[EXERCISE DIRECTIONS] Those lines of the records that contain "allocated" are to be located and copied.

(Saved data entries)

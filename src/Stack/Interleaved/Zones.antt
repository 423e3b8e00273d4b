-- ===== src/Stack/Interleaved/Zones.antt =====
-- Whose each address is while threads run the functions of lab3/Stack.c, and how the lists of nodes
-- keep apart.
use distibuted_sys.Base.{ℕ, ◌≡◌, ◌≢◌, refl, Bool, true, false, arith, ◌==◌, if◌then◌else◌}
use distibuted_sys.Stack.{Ptr, null}
use distibuted_sys.Base.Threads.{update}

-- Nobody's; on the stack; on the reclamation list; the node that a thread works on; on the list that
-- a thread has taken to clean.
pub data Zone : Type 0 where
  free stacked limbo : Zone
  held chained : ℕ → Zone

abbrev pub used : Zone → Bool
used free = false
used stacked = true
used limbo = true
used (held i) = true
used (chained i) = true

-- The zones whose nodes stand in a list.
abbrev pub listed : Zone → Bool
listed free = false
listed stacked = true
listed limbo = true
listed (held i) = false
listed (chained i) = true

abbrev pub same_zone : Zone → Zone → Bool
same_zone free free = true
same_zone stacked stacked = true
same_zone limbo limbo = true
same_zone (held i) (held j) = i == j
same_zone (chained i) (chained j) = i == j
same_zone _ _ = false

pub same_zone→eq : (a b : Zone) → same_zone a b ≡ true → a ≡ b
same_zone→eq free free e = refl
same_zone→eq stacked stacked e = refl
same_zone→eq limbo limbo e = refl
same_zone→eq (held i) (held j) e = ground arith
same_zone→eq (chained i) (chained j) e = ground arith
same_zone→eq _ _ e = ground arith

pub same_zone_refl : (a : Zone) → same_zone a a ≡ true
same_zone_refl free = refl
same_zone_refl stacked = refl
same_zone_refl limbo = refl
same_zone_refl (held i) = ground arith
same_zone_refl (chained i) = ground arith

pub listed-used : (z : Zone) → listed z ≡ true → used z ≡ true
listed-used free l = l
listed-used stacked l = refl
listed-used limbo l = refl
listed-used (held i) l = refl
listed-used (chained i) l = refl

-- The first node of the list of each zone is `root`: no node is on two lists, nor twice on one.
pub record Shape (allocated : Ptr → Bool) (next : Ptr → Ptr) (root : Zone → Ptr) (zone : Ptr → Zone)
    : Type 0 where
  pub is_used : (p : Ptr) → allocated p ≡ used (zone p)
  pub null_free : zone null ≡ free
  pub next_in : (p : Ptr) → listed (zone p) ≡ true → next p ≢ null → zone (next p) ≡ zone p
  pub inj :
      (p q : Ptr)
      → listed (zone p) ≡ true
      → zone q ≡ zone p
      → next p ≡ next q
      → next p ≢ null
      → p ≡ q
  pub root_in : (z : Zone) → listed z ≡ true → root z ≢ null → zone (root z) ≡ z
  pub root_first : (p : Ptr) → listed (zone p) ≡ true → next p ≡ root (zone p) → next p ≡ null

module _ (allocated : Ptr → Bool) (next : Ptr → Ptr) (root root' : Zone → Ptr) (zone : Ptr → Zone)
    (s : Shape allocated next root zone) where
  -- Nothing but local variables changes.
  pub Shape-quiet : ((z : Zone) → root' z ≡ root z) → Shape allocated next root' zone
  Shape-quiet same = record {
    is_used = s.is_used;
    null_free = s.null_free;
    next_in = s.next_in;
    inj = s.inj;
    root_in = λ z l. rw (same z) (s.root_in z l);
    root_first = λ p l. rw (same (zone p)) (s.root_first p l);
  }

  -- A node that is on no list gets another successor.
  pub Shape-write :
      (p q : Ptr)
      → ((z : Zone) → root' z ≡ root z)
      → listed (zone p) ≡ false
      → Shape allocated (update next p q) root' zone
  Shape-write p q same off = record {
    is_used = s.is_used;
    null_free = s.null_free;
    next_in = λ a l. ground (arith, s.next_in a);
    inj = λ a b l e f ne. ground (arith, s.inj a b, off, e);
    root_in = λ z l. rw (same z) (s.root_in z l);
    root_first = λ a l. rw (same (zone a)) (ground (arith, s.root_first a l));
  }

  -- A node that is on no list goes from one zone to another without a list.
  pub Shape-move :
      (p : Ptr) (z : Zone) (b : Bool)
      → ((z : Zone) → root' z ≡ root z)
      → listed (zone p) ≡ false
      → listed z ≡ false
      → p ≢ null
      → b ≡ used z
      → Shape (update allocated p b) next root' (update zone p z)
  Shape-move p z b same off off' ne u = record {
    is_used = λ a. ground (arith, s.is_used a, u);
    null_free = ground (arith, s.null_free);
    next_in = λ a l f. ground (arith, s.next_in a);
    inj = λ a c l e f g. ground (arith, s.inj a c);
    root_in = λ y l f. ground (arith, s.root_in y l, same y);
    root_first = λ a l f. ground (arith, s.root_first a, same (zone a));
  }

  -- A node that is on no list becomes the first of the list of zone `z`.
  pub Shape-attach :
      (p : Ptr) (z : Zone)
      → ((y : Zone) → root' y ≡ (if same_zone z y then p else root y))
      → listed (zone p) ≡ false
      → listed z ≡ true
      → p ≢ null
      → used (zone p) ≡ true
      → next p ≡ root z
      → Shape allocated next root' (update zone p z)
  Shape-attach p z new off on ne u first = record {
    is_used = λ a. ground (arith, s.is_used a, listed-used z on, u);
    null_free = ground (arith, s.null_free);
    next_in = λ a l f. ground (arith, s.next_in a, s.root_in z on, off);
    inj = λ a c l e f g. ground (arith, s.inj a c, s.root_first a, s.root_first c, off, on, first);
    root_in =
        λ y l f. ground (arith, new y, s.root_in y l, same_zone→eq z y, same_zone_refl z, off, on);
    root_first = λ a l f. ground (
      arith,
      new (zone a),
      new z,
      same_zone_refl z,
      same_zone→eq z (zone a),
      s.root_first a,
      s.next_in a,
      s.root_in z on,
      off,
      first,
    );
  }

  -- The first node of the list of zone `z` leaves it.
  pub Shape-detach :
      (p : Ptr) (z y : Zone)
      → ((w : Zone) → root' w ≡ (if same_zone z w then next p else root w))
      → listed z ≡ true
      → p ≡ root z
      → p ≢ null
      → listed y ≡ false
      → used y ≡ true
      → Shape allocated next root' (update zone p y)
  Shape-detach p z y new on first ne off u =
      let here : zone p ≡ z = ground (arith, s.root_in z on, first) in
      record {
        is_used = λ a. ground (arith, s.is_used a, listed-used z on, u, here);
        null_free = ground (arith, s.null_free);
        next_in = λ a l f. ground (arith, s.next_in a, s.root_first a, here, first, off);
        inj = λ a c l e f g. ground (arith, s.inj a c, off);
        root_in = λ w l f. ground (
          arith,
          new w,
          s.root_in w l,
          s.root_first p,
          s.next_in p,
          same_zone→eq z w,
          same_zone_refl z,
          here,
          first,
          on,
        );
        root_first = λ a l f. ground (
          arith,
          new (zone a),
          s.root_first a,
          s.inj a p,
          same_zone→eq z (zone a),
          same_zone_refl z,
          here,
          off,
          on,
        );
      }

[EXERCISE SOLUTION]
pub record Shape (allocated : Ptr → Bool) (next : Ptr → Ptr) (root : Zone → Ptr) (zone : Ptr → Zone)
  pub is_used : (p : Ptr) → allocated p ≡ used (zone p)
module _ (allocated : Ptr → Bool) (next : Ptr → Ptr) (root root' : Zone → Ptr) (zone : Ptr → Zone)
    (s : Shape allocated next root zone) where
  pub Shape-quiet : ((z : Zone) → root' z ≡ root z) → Shape allocated next root' zone
      → Shape allocated (update next p q) root' zone
      → Shape (update allocated p b) next root' (update zone p z)
      → Shape allocated next root' (update zone p z)
      → Shape allocated next root' (update zone p y)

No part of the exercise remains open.